Although the date and place of her birth are not documented, scholars believe that Phillis Wheatley was born in 1753 in West Africa, most likely in present-day Gambia or Senegal. She was sold by a local chief to a visiting trader, who took her to Boston in the British Colony of Massachusetts, on July 11, 1761. On arrival in Boston, she was bought by the wealthy Boston merchant and tailor John Wheatley as a slave for his wife Susanna. John and Susanna Wheatley named her Phillis, after the ship that had transported her to America. She was given their last name of Wheatley, as was a common custom if any surname was used for enslaved people.
The Wheatleys’ 18-year-old daughter, Mary, was Phillis’s first tutor in reading and writing. Their son, Nathaniel, also helped her. John Wheatley was known as a progressive throughout New England; his family afforded Phillis an unprecedented education for an enslaved person, and one unusual for a woman of any race.
By the age of 12, she was reading Greek and Latin classics in their original languages, as well as difficult passages from the Bible. At the age of 14, she wrote her first poem, “To the University of Cambridge [Harvard], in New England”. Recognizing her literary ability, the Wheatley family supported Phillis’s education and left household labor to their other domestic enslaved workers.
The Wheatleys often showed off her abilities to friends and family. Strongly influenced by her readings of the works of Alexander Pope, John Milton, Homer, Horace, and Virgil, Phillis began to write poetry.
Publication of “An Elegiac Poem, on the Death of the Celebrated Divine George Whitefield” in 1770 brought her great notoriety.
In 1773, with financial support from the English Countess of Huntingdon, Wheatley traveled to London with the Wheatleys to publish her first collection of poems, “Poems on Various Subjects, Religious and Moral” – the first book written by a black woman in America. It included a forward, signed by John Hancock and other Boston notables – as well as a portrait of Wheatley – all designed to prove that the work was indeed written by a black woman. The Wheatleys emancipated her shortly thereafter.
Wheatley’s poems reflected several influences on her life, among them the well-known poets she studied, such as Alexander Pope and Thomas Gray. Pride in her African heritage was also evident. Her writing style embraced the elegy, likely from her African roots, where it was the role of girls to sing and perform funeral dirges.

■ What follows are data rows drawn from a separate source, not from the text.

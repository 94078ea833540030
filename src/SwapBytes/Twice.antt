-- ===== src/SwapBytes/Twice.antt =====
-- The bytes of a number in reverse, for libs/ac_swap_bytes/incs/ac_swap_bytes.h.
use Prim.Native.Nat.{bit_and, bit_or}
use sadie.Prelude.{ℕ, ◌+◌, ◌*◌, ◌/◌, ◌%◌, ◌^◌, ◌<◌, ◌≡◌, refl, ◌∙◌, arith, ap}
use sadie.Prelude.Bits.{bit_and-ones, bit_and_high, bit_or-shifted}
use sadie.SwapBytes.{swap_u16, swap_u32, swap_u64}

-- Byte `i` of `v`.
abbrev pub byte : (v i : ℕ) → ℕ
byte v i = v / 2 ^ (8 * i) % 2 ^ 8

-- A number whose low `k` bits are 0, and one below 2 ^ k.
or_add : (k hi x lo : ℕ) → x ≡ hi * 2 ^ k → lo < 2 ^ k → bit_or x lo ≡ x + lo
or_add k hi x lo e low = rw e (bit_or-shifted k hi lo low)

pub swap_u16-bytes : (v : ℕ) → swap_u16 v ≡ byte v 0 * 2 ^ 8 + byte v 1
unfolding swap_u16
swap_u16-bytes v =
    let w = v % 2 ^ 16 in
    let a : bit_and w 0x00ff ≡ byte v 0 = bit_and-ones 8 w ∙ omega arith in
    let b : bit_and w 0xff00 ≡ byte v 1 * 2 ^ 8 = bit_and_high 8 16 w (omega arith) ∙ omega arith in
    rw (a, b)
      (ap (λ (t : ℕ). t % 2 ^ 16)
          (or_add 8 (byte v 0) (byte v 0 * 2 ^ 8) (byte v 1 * 2 ^ 8 / 2 ^ 8) refl (omega arith))
        ∙ omega arith)

pub swap_u32-bytes :
    (v : ℕ) → swap_u32 v ≡ byte v 0 * 2 ^ 24 + byte v 1 * 2 ^ 16 + byte v 2 * 2 ^ 8 + byte v 3
unfolding swap_u32
swap_u32-bytes v =
    let w = v % 2 ^ 32 in
    let m0 : bit_and w 0x0000_00ff ≡ byte v 0 = bit_and-ones 8 w ∙ omega arith in
    let m1 : bit_and w 0x0000_ff00 ≡ byte v 1 * 2 ^ 8 =
      bit_and_high 8 16 w (omega arith) ∙ omega arith in
    let m2 : bit_and w 0x00ff_0000 ≡ byte v 2 * 2 ^ 16 =
      bit_and_high 16 24 w (omega arith) ∙ omega arith in
    let m3 : bit_and w 0xff00_0000 ≡ byte v 3 * 2 ^ 24 =
      bit_and_high 24 32 w (omega arith) ∙ omega arith in
    let t0 : byte v 0 * 2 ^ 24 % 2 ^ 32 ≡ byte v 0 * 2 ^ 24 = omega arith in
    let t1 : (byte v 1 * 2 ^ 8) * 2 ^ 8 % 2 ^ 32 ≡ byte v 1 * 2 ^ 16 = omega arith in
    let t2 : byte v 2 * 2 ^ 16 / 2 ^ 8 ≡ byte v 2 * 2 ^ 8 = omega arith in
    let t3 : byte v 3 * 2 ^ 24 / 2 ^ 24 ≡ byte v 3 = omega arith in
    let f1 =
      or_add 24 (byte v 0) (byte v 0 * 2 ^ 24) (byte v 1 * 2 ^ 16) (omega arith) (omega arith) in
    let f2 =
      or_add 16 (byte v 0 * 2 ^ 8 + byte v 1) (byte v 0 * 2 ^ 24 + byte v 1 * 2 ^ 16)
        (byte v 2 * 2 ^ 8) (omega arith) (omega arith) in
    let f3 =
      or_add 8 (byte v 0 * 2 ^ 16 + byte v 1 * 2 ^ 8 + byte v 2)
        (byte v 0 * 2 ^ 24 + byte v 1 * 2 ^ 16 + byte v 2 * 2 ^ 8) (byte v 3) (omega arith)
        (omega arith) in
    rw (m0, m1, m2, m3, t0, t1, t2, t3, f1, f2, f3) refl

swap_u64-bytes :
    (v : ℕ)
    → swap_u64 v
      ≡ byte v 0 * 2 ^ 56
        + byte v 1 * 2 ^ 48
        + byte v 2 * 2 ^ 40
        + byte v 3 * 2 ^ 32
        + byte v 4 * 2 ^ 24
        + byte v 5 * 2 ^ 16
        + byte v 6 * 2 ^ 8
        + byte v 7
unfolding swap_u64
swap_u64-bytes v =
    let w = v % 2 ^ 64 in
    let m0 : bit_and w 0x0000_0000_0000_00ff ≡ byte v 0 = bit_and-ones 8 w ∙ omega arith in
    let m1 : bit_and w 0x0000_0000_0000_ff00 ≡ byte v 1 * 2 ^ 8 =
      bit_and_high 8 16 w (omega arith) ∙ omega arith in
    let m2 : bit_and w 0x0000_0000_00ff_0000 ≡ byte v 2 * 2 ^ 16 =
      bit_and_high 16 24 w (omega arith) ∙ omega arith in
    let m3 : bit_and w 0x0000_0000_ff00_0000 ≡ byte v 3 * 2 ^ 24 =
      bit_and_high 24 32 w (omega arith) ∙ omega arith in
    let m4 : bit_and w 0x0000_00ff_0000_0000 ≡ byte v 4 * 2 ^ 32 =
      bit_and_high 32 40 w (omega arith) ∙ omega arith in
    let m5 : bit_and w 0x0000_ff00_0000_0000 ≡ byte v 5 * 2 ^ 40 =
      bit_and_high 40 48 w (omega arith) ∙ omega arith in
    let m6 : bit_and w 0x00ff_0000_0000_0000 ≡ byte v 6 * 2 ^ 48 =
      bit_and_high 48 56 w (omega arith) ∙ omega arith in
    let m7 : bit_and w 0xff00_0000_0000_0000 ≡ byte v 7 * 2 ^ 56 =
      bit_and_high 56 64 w (omega arith) ∙ omega arith in
    let t0 : byte v 0 * 2 ^ 56 % 2 ^ 64 ≡ byte v 0 * 2 ^ 56 = omega arith in
    let t1 : (byte v 1 * 2 ^ 8) * 2 ^ 40 % 2 ^ 64 ≡ byte v 1 * 2 ^ 48 = omega arith in
    let t2 : (byte v 2 * 2 ^ 16) * 2 ^ 24 % 2 ^ 64 ≡ byte v 2 * 2 ^ 40 = omega arith in
    let t3 : (byte v 3 * 2 ^ 24) * 2 ^ 8 % 2 ^ 64 ≡ byte v 3 * 2 ^ 32 = omega arith in
    let t4 : byte v 4 * 2 ^ 32 / 2 ^ 8 ≡ byte v 4 * 2 ^ 24 = omega arith in
    let t5 : byte v 5 * 2 ^ 40 / 2 ^ 24 ≡ byte v 5 * 2 ^ 16 = omega arith in
    let t6 : byte v 6 * 2 ^ 48 / 2 ^ 40 ≡ byte v 6 * 2 ^ 8 = omega arith in
    let t7 : byte v 7 * 2 ^ 56 / 2 ^ 56 ≡ byte v 7 = omega arith in
    let f1 =
      or_add 56 (byte v 0) (byte v 0 * 2 ^ 56) (byte v 1 * 2 ^ 48) (omega arith) (omega arith) in
    let f2 =
      or_add 48 (byte v 0 * 2 ^ 8 + byte v 1) (byte v 0 * 2 ^ 56 + byte v 1 * 2 ^ 48)
        (byte v 2 * 2 ^ 40) (omega arith) (omega arith) in
    let f3 =
      or_add 40 (byte v 0 * 2 ^ 16 + byte v 1 * 2 ^ 8 + byte v 2)
        (byte v 0 * 2 ^ 56 + byte v 1 * 2 ^ 48 + byte v 2 * 2 ^ 40) (byte v 3 * 2 ^ 32)
        (omega arith) (omega arith) in
    let f4 =
      or_add 32 (byte v 0 * 2 ^ 24 + byte v 1 * 2 ^ 16 + byte v 2 * 2 ^ 8 + byte v 3)
        (byte v 0 * 2 ^ 56 + byte v 1 * 2 ^ 48 + byte v 2 * 2 ^ 40 + byte v 3 * 2 ^ 32)
        (byte v 4 * 2 ^ 24) (omega arith) (omega arith) in
    let f5 =
      or_add 24
        (byte v 0 * 2 ^ 32 + byte v 1 * 2 ^ 24 + byte v 2 * 2 ^ 16 + byte v 3 * 2 ^ 8 + byte v 4)
        (byte v 0 * 2 ^ 56
          + byte v 1 * 2 ^ 48
          + byte v 2 * 2 ^ 40
          + byte v 3 * 2 ^ 32
          + byte v 4 * 2 ^ 24)
        (byte v 5 * 2 ^ 16) (omega arith) (omega arith) in
    let f6 =
      or_add 16
        (byte v 0 * 2 ^ 40
          + byte v 1 * 2 ^ 32
          + byte v 2 * 2 ^ 24
          + byte v 3 * 2 ^ 16
          + byte v 4 * 2 ^ 8
          + byte v 5)
        (byte v 0 * 2 ^ 56
          + byte v 1 * 2 ^ 48
          + byte v 2 * 2 ^ 40
          + byte v 3 * 2 ^ 32
          + byte v 4 * 2 ^ 24
          + byte v 5 * 2 ^ 16)
        (byte v 6 * 2 ^ 8) (omega arith) (omega arith) in
    let f7 =
      or_add 8
        (byte v 0 * 2 ^ 48
          + byte v 1 * 2 ^ 40
          + byte v 2 * 2 ^ 32
          + byte v 3 * 2 ^ 24
          + byte v 4 * 2 ^ 16
          + byte v 5 * 2 ^ 8
          + byte v 6)
        (byte v 0 * 2 ^ 56
          + byte v 1 * 2 ^ 48
          + byte v 2 * 2 ^ 40
          + byte v 3 * 2 ^ 32
          + byte v 4 * 2 ^ 24
          + byte v 5 * 2 ^ 16
          + byte v 6 * 2 ^ 8)
        (byte v 7) (omega arith) (omega arith) in
    rw (m0, m1, m2, m3, m4, m5, m6, m7, t0, t1, t2, t3, t4, t5, t6, t7, f1, f2, f3, f4, f5, f6, f7)
      refl

-- Eight bytes, read again one by one in reverse.
module _ (a0 a1 a2 a3 a4 a5 a6 a7 : ℕ) where
  abbrev joined : ℕ
  joined =
      a0 * 2 ^ 56
      + a1 * 2 ^ 48
      + a2 * 2 ^ 40
      + a3 * 2 ^ 32
      + a4 * 2 ^ 24
      + a5 * 2 ^ 16
      + a6 * 2 ^ 8
      + a7

  digit_0 : a7 < 2 ^ 8 → byte joined 0 ≡ a7
  digit_0 h7 = omega arith

  digit_1 : a6 < 2 ^ 8 → a7 < 2 ^ 8 → byte joined 1 ≡ a6
  digit_1 h6 h7 = omega arith

  digit_2 : a5 < 2 ^ 8 → a6 < 2 ^ 8 → a7 < 2 ^ 8 → byte joined 2 ≡ a5
  digit_2 h5 h6 h7 = omega arith

  digit_3 : a4 < 2 ^ 8 → a5 < 2 ^ 8 → a6 < 2 ^ 8 → a7 < 2 ^ 8 → byte joined 3 ≡ a4
  digit_3 h4 h5 h6 h7 = omega arith

  digit_4 : a3 < 2 ^ 8 → a4 < 2 ^ 8 → a5 < 2 ^ 8 → a6 < 2 ^ 8 → a7 < 2 ^ 8 → byte joined 4 ≡ a3
  digit_4 h3 h4 h5 h6 h7 = omega arith

  digit_5 :
      a2 < 2 ^ 8
      → a3 < 2 ^ 8
      → a4 < 2 ^ 8
      → a5 < 2 ^ 8
      → a6 < 2 ^ 8
      → a7 < 2 ^ 8
      → byte joined 5 ≡ a2
  digit_5 h2 h3 h4 h5 h6 h7 = omega arith

  digit_6 :
      a1 < 2 ^ 8
      → a2 < 2 ^ 8
      → a3 < 2 ^ 8
      → a4 < 2 ^ 8
      → a5 < 2 ^ 8
      → a6 < 2 ^ 8
      → a7 < 2 ^ 8
      → byte joined 6 ≡ a1
  digit_6 h1 h2 h3 h4 h5 h6 h7 = omega arith

  digit_7 :
      a0 < 2 ^ 8
      → a1 < 2 ^ 8
      → a2 < 2 ^ 8
      → a3 < 2 ^ 8
      → a4 < 2 ^ 8
      → a5 < 2 ^ 8
      → a6 < 2 ^ 8
      → a7 < 2 ^ 8
      → byte joined 7 ≡ a0
  digit_7 h0 h1 h2 h3 h4 h5 h6 h7 = omega arith

whole :
    (v : ℕ)
    → v < 2 ^ 64
    → byte v 7 * 2 ^ 56
        + byte v 6 * 2 ^ 48
        + byte v 5 * 2 ^ 40
        + byte v 4 * 2 ^ 32
        + byte v 3 * 2 ^ 24
        + byte v 2 * 2 ^ 16
        + byte v 1 * 2 ^ 8
        + byte v 0
      ≡ v
whole v small = omega arith

swap_u64-twice : (v : ℕ) → v < 2 ^ 64 → swap_u64 (swap_u64 v) ≡ v
swap_u64-twice v small =
    let e = swap_u64-bytes v in
    let d0 =
      digit_0 (byte v 0) (byte v 1) (byte v 2) (byte v 3) (byte v 4) (byte v 5) (byte v 6)
        (byte v 7) (omega arith) in
    let d1 =
      digit_1 (byte v 0) (byte v 1) (byte v 2) (byte v 3) (byte v 4) (byte v 5) (byte v 6)
        (byte v 7) (omega arith) (omega arith) in
    let d2 =
      digit_2 (byte v 0) (byte v 1) (byte v 2) (byte v 3) (byte v 4) (byte v 5) (byte v 6)
        (byte v 7) (omega arith) (omega arith) (omega arith) in
    let d3 =
      digit_3 (byte v 0) (byte v 1) (byte v 2) (byte v 3) (byte v 4) (byte v 5) (byte v 6)
        (byte v 7) (omega arith) (omega arith) (omega arith) (omega arith) in
    let d4 =
      digit_4 (byte v 0) (byte v 1) (byte v 2) (byte v 3) (byte v 4) (byte v 5) (byte v 6)
        (byte v 7) (omega arith) (omega arith) (omega arith) (omega arith) (omega arith) in
    let d5 =
      digit_5 (byte v 0) (byte v 1) (byte v 2) (byte v 3) (byte v 4) (byte v 5) (byte v 6)
        (byte v 7) (omega arith) (omega arith) (omega arith) (omega arith) (omega arith)
        (omega arith) in
    let d6 =
      digit_6 (byte v 0) (byte v 1) (byte v 2) (byte v 3) (byte v 4) (byte v 5) (byte v 6)
        (byte v 7) (omega arith) (omega arith) (omega arith) (omega arith) (omega arith)
        (omega arith) (omega arith) in
    let d7 =
      digit_7 (byte v 0) (byte v 1) (byte v 2) (byte v 3) (byte v 4) (byte v 5) (byte v 6)
        (byte v 7) (omega arith) (omega arith) (omega arith) (omega arith) (omega arith)
        (omega arith) (omega arith) (omega arith) in
    swap_u64-bytes (swap_u64 v) ∙ rw (e, d0, d1, d2, d3, d4, d5, d6, d7) (whole v small)

-- Swapping reverses the order of the bytes of a number of 16, 32 or 64 bits, the lowest first, and
-- swapping twice gives the number back.
pub swap-reverses :
    (v : ℕ)
    → (swap_u16 v ≡ byte v 0 * 2 ^ 8 + byte v 1)
      × (swap_u32 v ≡ byte v 0 * 2 ^ 24 + byte v 1 * 2 ^ 16 + byte v 2 * 2 ^ 8 + byte v 3)
      × (swap_u64 v
          ≡ byte v 0 * 2 ^ 56
            + byte v 1 * 2 ^ 48
            + byte v 2 * 2 ^ 40
            + byte v 3 * 2 ^ 32
            + byte v 4 * 2 ^ 24
            + byte v 5 * 2 ^ 16
            + byte v 6 * 2 ^ 8
            + byte v 7)
      × (swap_u16 (swap_u16 v) ≡ v % 2 ^ 16)
      × (swap_u32 (swap_u32 v) ≡ v % 2 ^ 32)
      × (swap_u64 (swap_u64 (v % 2 ^ 64)) ≡ v % 2 ^ 64)
swap-reverses v = (
  swap_u16-bytes v,
  swap_u32-bytes v,
  swap_u64-bytes v,
  swap_u16-bytes (swap_u16 v) ∙ omega (arith, swap_u16-bytes v),
  swap_u32-bytes (swap_u32 v) ∙ omega (arith, swap_u32-bytes v),
  swap_u64-twice (v % 2 ^ 64) (omega arith),
)
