-- ===== src/Inet/Arp.antt =====
-- The packet that ac_arp_init writes.
use sadie.Prelude.{
  ℕ, ◌+◌, ◌*◌, ◌^◌, ◌≤◌, ◌<◌, ◌≡◌, refl, ◌∙◌, ◌⊎◌, inl, inr, arith, ◌==◌, if◌then◌else◌, Bool-cases,
}
use sadie.Word.{u8, null}
use sadie.Memory.{Memory}
use sadie.Memory.Blocks.{memcpy-copies, memset-fills}
use sadie.SwapBytes.Twice.{byte, swap_u16-bytes}
use sadie.Inet.{put_addr, put_arp, ac_arp_init, arp_len}

-- A source that is NULL, or that does not overlap what is written.
abbrev pub IsApart : (src len lo hi : ℕ) → Type 0
IsApart src len lo hi = (src ≡ null) ⊎ ((src + len ≤ lo) ⊎ (hi ≤ src))

-- The byte that belongs at index `i` of an address.
abbrev pub wanted : Memory → (src i : ℕ) → ℕ
wanted mem src i = if src == null then 0 else mem (src + i)

-- An address is written, and the rest is as it was.
put_addr-puts :
    (p src len : ℕ) (mem : Memory)
    → IsApart src len p (p + len)
    → ((i : ℕ) → i < len → put_addr p src len mem (p + i) ≡ wanted mem src i)
      × ((a : ℕ) → (a < p) ⊎ (p + len ≤ a) → put_addr p src len mem a ≡ mem a)
put_addr-puts p src len mem apart = elim (Bool-cases (src == null)) [
  | inl nil ↦ rw nil (memset-fills len p 0 mem)
  | inr given ↦ rw given (memcpy-copies len p src mem (ground arith))
]

put_arp-outside :
    (arp op hf hl pf pl : ℕ) (mem : Memory) (a : ℕ)
    → (a < arp) ⊎ (arp + arp_len ≤ a)
    → put_arp arp op hf hl pf pl mem a ≡ mem a
put_arp-outside arp op hf hl pf pl mem a out = ground arith

-- The fields in network order.
put_arp-fields :
    (arp op hf hl pf pl : ℕ) (mem : Memory)
    → let m = put_arp arp op hf hl pf pl mem in
      (m (arp + 0) ≡ byte hf 1)
      × (m (arp + 1) ≡ byte hf 0)
      × (m (arp + 2) ≡ byte pf 1)
      × (m (arp + 3) ≡ byte pf 0)
      × (m (arp + 4) ≡ hl)
      × (m (arp + 5) ≡ pl)
      × (m (arp + 6) ≡ byte op 1)
      × (m (arp + 7) ≡ byte op 0)
put_arp-fields arp op hf hl pf pl mem = (
  ground (arith, swap_u16-bytes hf),
  ground (arith, swap_u16-bytes hf),
  ground (arith, swap_u16-bytes pf),
  ground (arith, swap_u16-bytes pf),
  ground arith,
  ground arith,
  ground (arith, swap_u16-bytes op),
  ground (arith, swap_u16-bytes op),
)

module _ (arp op hf hl pf pl src_hard src_proto dst_hard dst_proto : ℕ) (mem : Memory)
    (hl_byte : hl < 2 ^ 8) (pl_byte : pl < 2 ^ 8) where
  abbrev end : ℕ
  end = arp + arp_len + hl + pl + hl + pl

  abbrev m0 : Memory
  m0 = put_arp arp op hf hl pf pl mem

  abbrev m1 : Memory
  m1 = put_addr (arp + arp_len) src_hard hl m0

  abbrev m2 : Memory
  m2 = put_addr (arp + arp_len + hl) src_proto pl m1

  abbrev m3 : Memory
  m3 = put_addr (arp + arp_len + hl + pl) dst_hard hl m2

  abbrev m4 : Memory
  m4 = put_addr (arp + arp_len + hl + pl + hl) dst_proto pl m3

  -- What is wanted of a source does not change where it is not written.
  wanted_same :
      (m : Memory) (src len hi i : ℕ)
      → IsApart src len arp end
      → hi ≤ end
      → i < len
      → ((a : ℕ) → (a < arp) ⊎ (hi ≤ a) → m a ≡ mem a)
      → wanted m src i ≡ wanted mem src i
  wanted_same m src len hi i apart le lt same = elim (Bool-cases (src == null)) [
    | inl nil ↦ rw nil refl
    | inr given ↦ rw given (same (src + i) (ground arith))
  ]

  within :
      (src len lo hi : ℕ) → arp ≤ lo → hi ≤ end → IsApart src len arp end → IsApart src len lo hi
  within src len lo hi le le' (inl nil) = inl nil
  within src len lo hi le le' (inr (inl below)) = inr (inl (omega arith))
  within src len lo hi le le' (inr (inr over)) = inr (inr (omega arith))

  -- The packet of RFC 826 at `arp`, in a memory that was `mem` before.
  pub record IsPacket (m : Memory) : Type 0 where
    pub frmt_hard : (m (arp + 0) ≡ byte hf 1) × (m (arp + 1) ≡ byte hf 0)
    pub frmt_proto : (m (arp + 2) ≡ byte pf 1) × (m (arp + 3) ≡ byte pf 0)
    pub lengths : (m (arp + 4) ≡ hl) × (m (arp + 5) ≡ pl)
    pub operation : (m (arp + 6) ≡ byte op 1) × (m (arp + 7) ≡ byte op 0)
    pub src_hard_addr : (i : ℕ) → i < hl → m (arp + 8 + i) ≡ wanted mem src_hard i
    pub src_proto_addr : (i : ℕ) → i < pl → m (arp + 8 + hl + i) ≡ wanted mem src_proto i
    pub dst_hard_addr : (i : ℕ) → i < hl → m (arp + 8 + hl + pl + i) ≡ wanted mem dst_hard i
    pub dst_proto_addr : (i : ℕ) → i < pl → m (arp + 8 + hl + pl + hl + i) ≡ wanted mem dst_proto i
    pub outside : (a : ℕ) → (a < arp) ⊎ (end ≤ a) → m a ≡ mem a

  m4-IsPacket :
      IsApart src_hard hl arp end
      → IsApart src_proto pl arp end
      → IsApart dst_hard hl arp end
      → IsApart dst_proto pl arp end
      → IsPacket m4
  m4-IsPacket sh sp dh dp =
      let a1 = arp + arp_len in
      let a2 = a1 + hl in
      let a3 = a2 + pl in
      let a4 = a3 + hl in
      let r1 =
        put_addr-puts a1 src_hard hl m0 (within src_hard hl a1 a2 (omega arith) (omega arith) sh) in
      let r2 =
        put_addr-puts a2 src_proto pl m1
          (within src_proto pl a2 a3 (omega arith) (omega arith) sp) in
      let r3 =
        put_addr-puts a3 dst_hard hl m2 (within dst_hard hl a3 a4 (omega arith) (omega arith) dh) in
      let r4 =
        put_addr-puts a4 dst_proto pl m3
          (within dst_proto pl a4 end (omega arith) (omega arith) dp) in
      let o0 : ((a : ℕ) → (a < arp) ⊎ (a1 ≤ a) → m0 a ≡ mem a) =
        put_arp-outside arp op hf hl pf pl mem in
      let o1 : ((a : ℕ) → (a < arp) ⊎ (a2 ≤ a) → m1 a ≡ mem a) =
        λ a out. r1.1 a (omega arith) ∙ o0 a (omega arith) in
      let o2 : ((a : ℕ) → (a < arp) ⊎ (a3 ≤ a) → m2 a ≡ mem a) =
        λ a out. r2.1 a (omega arith) ∙ o1 a (omega arith) in
      let o3 : ((a : ℕ) → (a < arp) ⊎ (a4 ≤ a) → m3 a ≡ mem a) =
        λ a out. r3.1 a (omega arith) ∙ o2 a (omega arith) in
      let keep : ((i : ℕ) → i < arp_len → m4 (arp + i) ≡ m0 (arp + i)) = λ i lt.
        r4.1 (arp + i) (omega arith)
        ∙ r3.1 (arp + i) (omega arith)
        ∙ r2.1 (arp + i) (omega arith)
        ∙ r1.1 (arp + i) (omega arith) in
      let f = put_arp-fields arp op hf hl pf pl mem in
      record {
        frmt_hard = (keep 0 (omega arith) ∙ f.0, keep 1 (omega arith) ∙ f.1);
        frmt_proto = (keep 2 (omega arith) ∙ f.2, keep 3 (omega arith) ∙ f.3);
        lengths = (keep 4 (omega arith) ∙ f.4, keep 5 (omega arith) ∙ f.5);
        operation = (keep 6 (omega arith) ∙ f.6, keep 7 (omega arith) ∙ f.7);
        src_hard_addr = λ i lt.
            r4.1 (a1 + i) (omega arith)
            ∙ r3.1 (a1 + i) (omega arith)
            ∙ r2.1 (a1 + i) (omega arith)
            ∙ r1.0 i lt
            ∙ wanted_same m0 src_hard hl a1 i sh (omega arith) lt o0;
        src_proto_addr = λ i lt.
            r4.1 (a2 + i) (omega arith)
            ∙ r3.1 (a2 + i) (omega arith)
            ∙ r2.0 i lt
            ∙ wanted_same m1 src_proto pl a2 i sp (omega arith) lt o1;
        dst_hard_addr = λ i lt.
            r4.1 (a3 + i) (omega arith)
            ∙ r3.0 i lt
            ∙ wanted_same m2 dst_hard hl a3 i dh (omega arith) lt o2;
        dst_proto_addr =
            λ i lt. r4.0 i lt ∙ wanted_same m3 dst_proto pl a4 i dp (omega arith) lt o3;
        outside = λ a out. r4.1 a (omega arith) ∙ o3 a (omega arith);
      }

  -- For lengths that are bytes, and sources that do not overlap the packet, ac_arp_init writes the
  -- packet of RFC 826, its fields in network order and zeros for a source that is NULL, and nothing
  -- else, and returns its length, which is 8 and twice both lengths.
  pub ac_arp_init-IsPacket :
      IsApart src_hard hl arp end
      → IsApart src_proto pl arp end
      → IsApart dst_hard hl arp end
      → IsApart dst_proto pl arp end
      → let r = ac_arp_init arp op hf hl pf pl src_hard src_proto dst_hard dst_proto mem in
        (r.0 ≡ 8 + 2 * (hl + pl)) × IsPacket r.1
  unfolding ac_arp_init
  ac_arp_init-IsPacket sh sp dh dp =
      let h : u8 hl ≡ hl = omega arith in
      let p : u8 pl ≡ pl = omega arith in rw (h, p) (omega arith, m4-IsPacket sh sp dh dp)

Religion was also a key influence, and it led Protestants in America and England to enjoy her work. Enslavers and abolitionists both read her work; the former to convince the enslaved population to convert, the latter as proof of the intellectual abilities of people of color.
During the American Revolution, Wheatley’s opposition to slavery heightened. She wrote several letters to ministers and others on liberty and freedom. During the peak of her writing career, she wrote a well-received poem praising the appointment of George Washington as the commander of the Continental Army. However, she believed that slavery was the issue that prevented the colonists from achieving true heroism.
In 1778, Wheatley married John Peters, a free black man from Boston with whom she had three children, though none survived. In 1779, Wheatley issued a proposal for a second volume of poems but was unable to publish it because she had lost her patrons after her emancipation; publication of books was often based on gaining subscriptions for guaranteed sales beforehand. The American Revolutionary War (1775-1783) was also a factor. However, some of her poems that were to be included in the second volume were later published in pamphlets and newspapers.
To support her family, she worked as a scrubwoman in a boardinghouse while continuing to write poetry. Wheatley died in December 1784, due to complications from childbirth. In addition to making an important contribution to American literature, Wheatley’s literary and artistic talents helped show that African-Americans were equally capable, creative, intelligent human beings who benefited from an education. In part, this helped the cause of the abolition movement.
In “The Trials of Phillis Wheatley: America’s First Black Poet and Her Encounters with the Founding Fathers” by Henry Louis Gates Jr., he writes about how Phillis Wheatley literally wrote her way to freedom when, in 1773, she became the first person of African descent to publish a book of poems in the English language. The toast of London, lauded by Europeans as diverse as Voltaire and Gibbon, Wheatley was for a time the most famous black woman in the West.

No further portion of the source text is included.